Dat zou dan betekenen dat de linkerzijde haar hele oppositiepolitiek moet herzien. Die oppositie lijkt vandaag niet alleen warrig, ongecoördineerd en versplinterd, maar vooral ondeugdelijk en soms oneerlijk. Het is een spervuur van los kruit, afgevuurd op een meerderheid die op de lange termijn bezien uitvoering geeft aan wat links zelf altijd heeft gewild.

Nog deze week bleek pijnlijk de stuurloosheid van links, toen Caroline Gennez (SPA) in het Vlaams Parlement het hervormingsvoorstel voor het onderwijs aanviel en daarvoor van een meerderheidsexcellentie het deksel op haar eigen neus kreeg: hier wordt verwezenlijkt wat de socialistische partij zelf heeft voorgesteld!

Gennez zweeg.

Een ander, even pijnlijk voorval was het bekend worden van het feit dat zowat de hele linkse pers ‘vergeten’ was de nieuwe cijfers van de nationale bank te vermelden over de felle toeneming van het aantal privébanen onder de zetelende zogeheten rechtse regering. In dezelfde media blijft men intussen onverminderd doorgaan met het schelden op lieden die een afwijkend standpunt koesteren: wie opkomt voor een beperking van de immigratie is een racist en behoort bij extreemrechts.
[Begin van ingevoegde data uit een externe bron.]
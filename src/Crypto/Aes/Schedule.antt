-- ===== src/Crypto/Aes/Schedule.antt =====
-- The key expansion of proto_crypto.cpp ends with 176 bytes.
use home_io_control_wio_b2b.Base.{
  ℕ, zero, suc, ◌+◌, ◌*◌, ◌%◌, ◌≤◌, ◌≡◌, refl, true, ltb, Bool, false, Bool-cases, inl, inr,
  if◌then◌else◌, ◌==◌, List, ◌++◌, length, length-append, All, All-append, IsByte, arith,
}
use home_io_control_wio_b2b.Crypto.Aes.{
  at, aes_rcon, expand_temp, expand_word, expand_loop, aes_expand_key,
}
use home_io_control_wio_b2b.Crypto.Aes.Field.{xor-IsByte}
use home_io_control_wio_b2b.Crypto.Aes.Steps.{IsBlock, at-IsByte, sbox-IsByte}

rcon-IsByte : (i : ℕ) → IsByte (at aes_rcon i)
rcon-IsByte i = at-IsByte aes_rcon i (unfold aes_rcon in omega arith)

abbrev AreBytes : ℕ × ℕ × ℕ × ℕ → Type 0
AreBytes (a, b, c, d) = IsByte a × IsByte b × IsByte c × IsByte d

if_AreBytes :
    (b : Bool) (x y : ℕ × ℕ × ℕ × ℕ) → AreBytes x → AreBytes y → AreBytes (if b then x else y)
if_AreBytes true x y p q = p
if_AreBytes false x y p q = q

module _ (rks : List ℕ) (h : All IsByte rks) (rcon_index : ℕ) where
  byte : (i : ℕ) → IsByte (at rks i)
  byte i = at-IsByte rks i h

  expand_temp-AreBytes : AreBytes (expand_temp rks rcon_index)
  unfolding expand_temp
  expand_temp-AreBytes =
      if_AreBytes (length rks % 16 == 0) _ _
        (
          xor-IsByte _ _ (sbox-IsByte _ (byte _)) (rcon-IsByte rcon_index),
          sbox-IsByte _ (byte _),
          sbox-IsByte _ (byte _),
          sbox-IsByte _ (byte _),
        )
        (byte _, byte _, byte _, byte _)

  expand_word-IsByte : All IsByte (expand_word rks rcon_index)
  unfolding expand_word
  expand_word-IsByte =
      let t = expand_temp-AreBytes in
      (
        xor-IsByte _ _ (byte _) t.0,
        (
          xor-IsByte _ _ (byte _) t.1,
          (xor-IsByte _ _ (byte _) t.2, (xor-IsByte _ _ (byte _) t.3, tt)),
        ),
      )

expand_loop-IsByte :
    (fuel : ℕ) (rks : List ℕ) (rcon_index : ℕ)
    → All IsByte rks
    → All IsByte (expand_loop fuel rks rcon_index)
unfolding expand_loop
expand_loop-IsByte zero rks rcon_index h = h
expand_loop-IsByte (suc fuel) rks rcon_index h =
    let grown =
      expand_loop-IsByte fuel (rks ++ expand_word rks rcon_index)
        (if length rks % 16 == 0 then suc rcon_index else rcon_index)
        (All-append IsByte rks (expand_word rks rcon_index) h
          (expand_word-IsByte rks h rcon_index)) in
    elim (Bool-cases (ltb (length rks) 176)) [ inl more ↦ rw more grown | inr done ↦ rw done h ]

length-expand_word : (rks : List ℕ) (rcon_index : ℕ) → length (expand_word rks rcon_index) ≡ 4
unfolding expand_word
length-expand_word rks rcon_index = refl

-- With `n` words still to be made, any fuel from `n` on makes them and no more.
length-expand_loop :
    (fuel n : ℕ) (rks : List ℕ) (rcon_index : ℕ)
    → length rks + 4 * n ≡ 176
    → n ≤ fuel
    → length (expand_loop fuel rks rcon_index) ≡ 176
unfolding expand_loop
length-expand_loop zero n rks rcon_index e h = omega arith
length-expand_loop (suc fuel) zero rks rcon_index e h = ground arith
length-expand_loop (suc fuel) (suc n) rks rcon_index e h = ground (
  arith,
  length-append rks (expand_word rks rcon_index),
  length-expand_word rks rcon_index,
  length-expand_loop fuel n (rks ++ expand_word rks rcon_index)
      (if length rks % 16 == 0 then suc rcon_index else rcon_index),
)

-- From a key of sixteen bytes the loop makes the 176 bytes that the eleven rounds read.
pub aes_expand_key_lem :
    (key : List ℕ)
    → IsBlock key
    → (length (aes_expand_key key) ≡ 176) × All IsByte (aes_expand_key key)
unfolding aes_expand_key
aes_expand_key_lem key (n, h) =
    (length-expand_loop 40 40 key 1 (omega arith) (omega arith), expand_loop-IsByte 40 key 1 h)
Peter Mertens, een volbloed communist, krijgt tegelijk in een bekend weekblad een column, zonder dat hij als extreemlinks wordt weggezet. Ook nog dezer dagen vond een ‘groene’ voorman het nodig om de zaak van Oosterweel nog eens op te rakelen. Volgens hem moet de hele ring van Antwerpen een overkapping krijgen. Doch niemand legt ons uit hoe een dergelijk duur project betaald zal moeten worden. Het is echt niet door op alle slakken zout te leggen en koppige ezeldrijvers van het slag van Manu Claeys achterna te hollen, dat het netelige probleem van het verkeer rond Antwerpen opgelost zal raken.

De hoofdvogel deze week werd echter afgeschoten door Bart Eeckhout, wiens sektarisme inmiddels zowat legendarisch is geworden.
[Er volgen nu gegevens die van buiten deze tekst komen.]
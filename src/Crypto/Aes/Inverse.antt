-- ===== src/Crypto/Aes/Inverse.antt =====
-- `aes128_decrypt` undoes `aes128_encrypt` under the same key.
use home_io_control_wio_b2b.Base.{ℕ, zero, suc, ◌≡◌, refl, ap, ◌∙◌, some, List, length, All, IsByte}
use home_io_control_wio_b2b.Crypto.Aes.{
  aes_add_round_key, aes_sub_bytes, aes_shift_rows, aes_mix_columns, aes_inv_sub_bytes,
  aes_inv_shift_rows, aes_inv_mix_columns, aes_expand_key, encrypt_round, encrypt_rounds,
  decrypt_round, decrypt_rounds, aes128_encrypt, aes128_decrypt,
}
use home_io_control_wio_b2b.Crypto.Aes.Steps.{
  IsBlock, add_round_key-IsBlock, add_round_key_twice, length-add_round_key, sub_bytes-IsBlock,
  inv_sub_bytes-sub_bytes, shift_rows-IsBlock, inv_shift_rows-shift_rows,
}
use home_io_control_wio_b2b.Crypto.Aes.Mixing.{mix_columns-IsBlock, inv_mix_columns-mix_columns}
use home_io_control_wio_b2b.Crypto.Aes.Schedule.{aes_expand_key_lem}

-- The state between the byte substitution of one round and the mixing of it.
abbrev shifted : List ℕ → List ℕ
shifted s = aes_shift_rows (aes_sub_bytes s)

length-shifted : (s : List ℕ) → length (shifted s) ≡ 16
unfolding aes_shift_rows
length-shifted s = refl

shifted-IsBlock : (s : List ℕ) → IsBlock s → IsBlock (shifted s)
shifted-IsBlock s h = shift_rows-IsBlock (aes_sub_bytes s) (sub_bytes-IsBlock s h)

unshifted : (s : List ℕ) → IsBlock s → aes_inv_sub_bytes (aes_inv_shift_rows (shifted s)) ≡ s
unshifted s h =
    ap aes_inv_sub_bytes (inv_shift_rows-shift_rows (aes_sub_bytes s) (sub_bytes-IsBlock s h))
    ∙ inv_sub_bytes-sub_bytes s h.1

module _ (rks : List ℕ) (hr : All IsByte rks) where
  encrypt_round-IsBlock : (r : ℕ) (s : List ℕ) → IsBlock s → IsBlock (encrypt_round rks r s)
  unfolding encrypt_round
  encrypt_round-IsBlock r s h =
      add_round_key-IsBlock (aes_mix_columns (shifted s)) rks r
        (mix_columns-IsBlock (shifted s) (shifted-IsBlock s h)) hr

  encrypt_rounds-IsBlock : (n : ℕ) (s : List ℕ) → IsBlock s → IsBlock (encrypt_rounds rks n s)
  unfolding encrypt_rounds
  encrypt_rounds-IsBlock zero s h = h
  encrypt_rounds-IsBlock (suc n) s h =
      encrypt_round-IsBlock (suc n) (encrypt_rounds rks n s) (encrypt_rounds-IsBlock n s h)

  -- One round of decryption turns the shifted result of a round into its shifted input.
  decrypt_round_lem :
      (r : ℕ) (s : List ℕ)
      → IsBlock s
      → decrypt_round rks r (shifted (encrypt_round rks r s)) ≡ shifted s
  unfolding decrypt_round encrypt_round
  decrypt_round_lem r s h =
      ap (λ t. aes_inv_mix_columns (aes_add_round_key t rks r))
        (unshifted (encrypt_round rks r s) (encrypt_round-IsBlock r s h))
      ∙ ap aes_inv_mix_columns (add_round_key_twice (aes_mix_columns (shifted s)) rks r)
      ∙ inv_mix_columns-mix_columns (shifted s) (shifted-IsBlock s h)

  decrypt_rounds_lem :
      (n : ℕ) (s : List ℕ)
      → IsBlock s
      → decrypt_rounds rks n (shifted (encrypt_rounds rks n s)) ≡ shifted s
  unfolding decrypt_rounds encrypt_rounds
  decrypt_rounds_lem zero s h = refl
  decrypt_rounds_lem (suc n) s h =
      ap (decrypt_rounds rks n)
        (decrypt_round_lem (suc n) (encrypt_rounds rks n s) (encrypt_rounds-IsBlock n s h))
      ∙ decrypt_rounds_lem n s h

  -- The ten rounds there and back, for any key schedule of bytes.
  rounds_back :
      (block : List ℕ)
      → IsBlock block
      → aes_add_round_key
          (aes_inv_sub_bytes (
            aes_inv_shift_rows (
              decrypt_rounds rks 9 (
                aes_add_round_key
                  (aes_add_round_key
                    (shifted (encrypt_rounds rks 9 (aes_add_round_key block rks 0)))
                    rks
                    10)
                  rks
                  10))))
          rks
          0
        ≡ block
  rounds_back block h =
      let start = aes_add_round_key block rks 0 in
      let hs : IsBlock start = add_round_key-IsBlock block rks 0 h hr in
      ap
        (λ t.
          aes_add_round_key (aes_inv_sub_bytes (aes_inv_shift_rows (decrypt_rounds rks 9 t))) rks 0)
        (add_round_key_twice (shifted (encrypt_rounds rks 9 start)) rks 10)
      ∙ ap (λ t. aes_add_round_key (aes_inv_sub_bytes (aes_inv_shift_rows t)) rks 0)
          (decrypt_rounds_lem 9 start hs)
      ∙ ap (λ t. aes_add_round_key t rks 0) (unshifted start hs)
      ∙ add_round_key_twice block rks 0

-- Encryption of a block under a key, both of sixteen bytes, answers a block of sixteen bytes, and
-- decryption of that block under the same key answers the original.
pub aes128_decrypt-encrypt :
    (block key : List ℕ)
    → IsBlock block
    → IsBlock key
    → (cipher : List ℕ) × (aes128_encrypt block key ≡ some cipher)
      × IsBlock cipher
      × (aes128_decrypt cipher key ≡ some block)
unfolding aes128_encrypt aes128_decrypt
aes128_decrypt-encrypt block key hb hk =
    let rks = aes_expand_key key in
    let hr : All IsByte rks = (aes_expand_key_lem key hk).1 in
    let last = encrypt_rounds rks 9 (aes_add_round_key block rks 0) in
    let hl : IsBlock last =
      encrypt_rounds-IsBlock rks hr 9 (aes_add_round_key block rks 0)
        (add_round_key-IsBlock block rks 0 hb hr) in
    (
      aes_add_round_key (shifted last) rks 10,
      refl,
      add_round_key-IsBlock (shifted last) rks 10 (shifted-IsBlock last hl) hr,
      ap some (rounds_back rks hr block hb),
    )

-- Encryption of anything answers sixteen numbers.
pub aes128_encrypt-length :
    (block key : List ℕ)
    → (cipher : List ℕ) × (aes128_encrypt block key ≡ some cipher) × (length cipher ≡ 16)
unfolding aes128_encrypt
aes128_encrypt-length block key =
    let rks = aes_expand_key key in
    let last = encrypt_rounds rks 9 (aes_add_round_key block rks 0) in
    (
      aes_add_round_key (shifted last) rks 10,
      refl,
      length-add_round_key (shifted last) rks 10 ∙ length-shifted last,
    )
Onder de titel “70 miljoen” trok Eeckhout in De Morgen van leer tegen de volgens hem te hoge subsidiëring van politieke partijen in tijden dat van de bevolking een matiging wordt gevraagd. Dat vooral de grootste partij van het land, N-VA, van die financieringsregeling het meeste profijt trekt wringt Eeckhout duidelijk. Hij moet zijn eigen sektarisme hebben aangevoeld, want hij voegt er meteen aan toe dat de partij daar zelf niet eens aan kan doen. Maar tegelijk schiet hij toch maar opnieuw een vuurpijl af naar de grote demon, omdat de N-VA het optrekken van het uitgavenplafond bij de verkiezingen had bepleit. Het komt bij Eeckhout niet op dat die vraag misschien voortkomt uit de intussen sterk gestegen prijs van reclamevoering. Neen: omdat de partij gewoon niet weet wat ze met haar geld aan moet, zoekt ze uitwegen om toch niet te moeten inleveren. Of: ‘N-VA is asociaal’.

Natuurlijk is de vraag of de huidige partijfinanciering nog verantwoord is legitiem. Maar het blijft een raadsel hoe Eeckhout er toch in slaagt om een redelijke vraag om te toveren tot een aanval op de partij die hij kennelijk haat.

Als zoiets door socialistische voormannen wordt geschreven in dé leidinggevende linkse krant, dan rijst de grote vraag: hebben die gasten geen zinniger dingen te vertellen? Is het socialisme van vandaag dan vervallen tot een uitzichtloze poging om het graaien uit de nationale geldpot zo lang mogelijk te rekken, in dat geval kennelijk bedoeld als middel om ‘sociale rechtvaardigheid’ te doen heersen? Zoiets als wat zonderling denkende vakbonden doen als die het land overhoop zetten om onhoudbare voorrechten toch te behouden, in plaats van mee te helpen aan de ombouw van de samenleving en die gereed te maken voor de toekomst. Zulke vakbonden zouden trouwens uitgerekend een operationeel links tegenover zich moeten aantreffen… En is het scheppen van sociale rechtvaardigheid echt hetzelfde als het massief invoeren van ‘asielzoekers’ van compleet vreemde origine, goed wetend dat hieruit huizenhoge maatschappelijke problemen voortkomen? Moet je dan inderdaad niet gaan ijveren om hiervan de oorzaak weg te nemen en actie te voeren in de herkomstlanden? Voor het internationalistisch denkende links kan dat toch niet onmogelijk zijn?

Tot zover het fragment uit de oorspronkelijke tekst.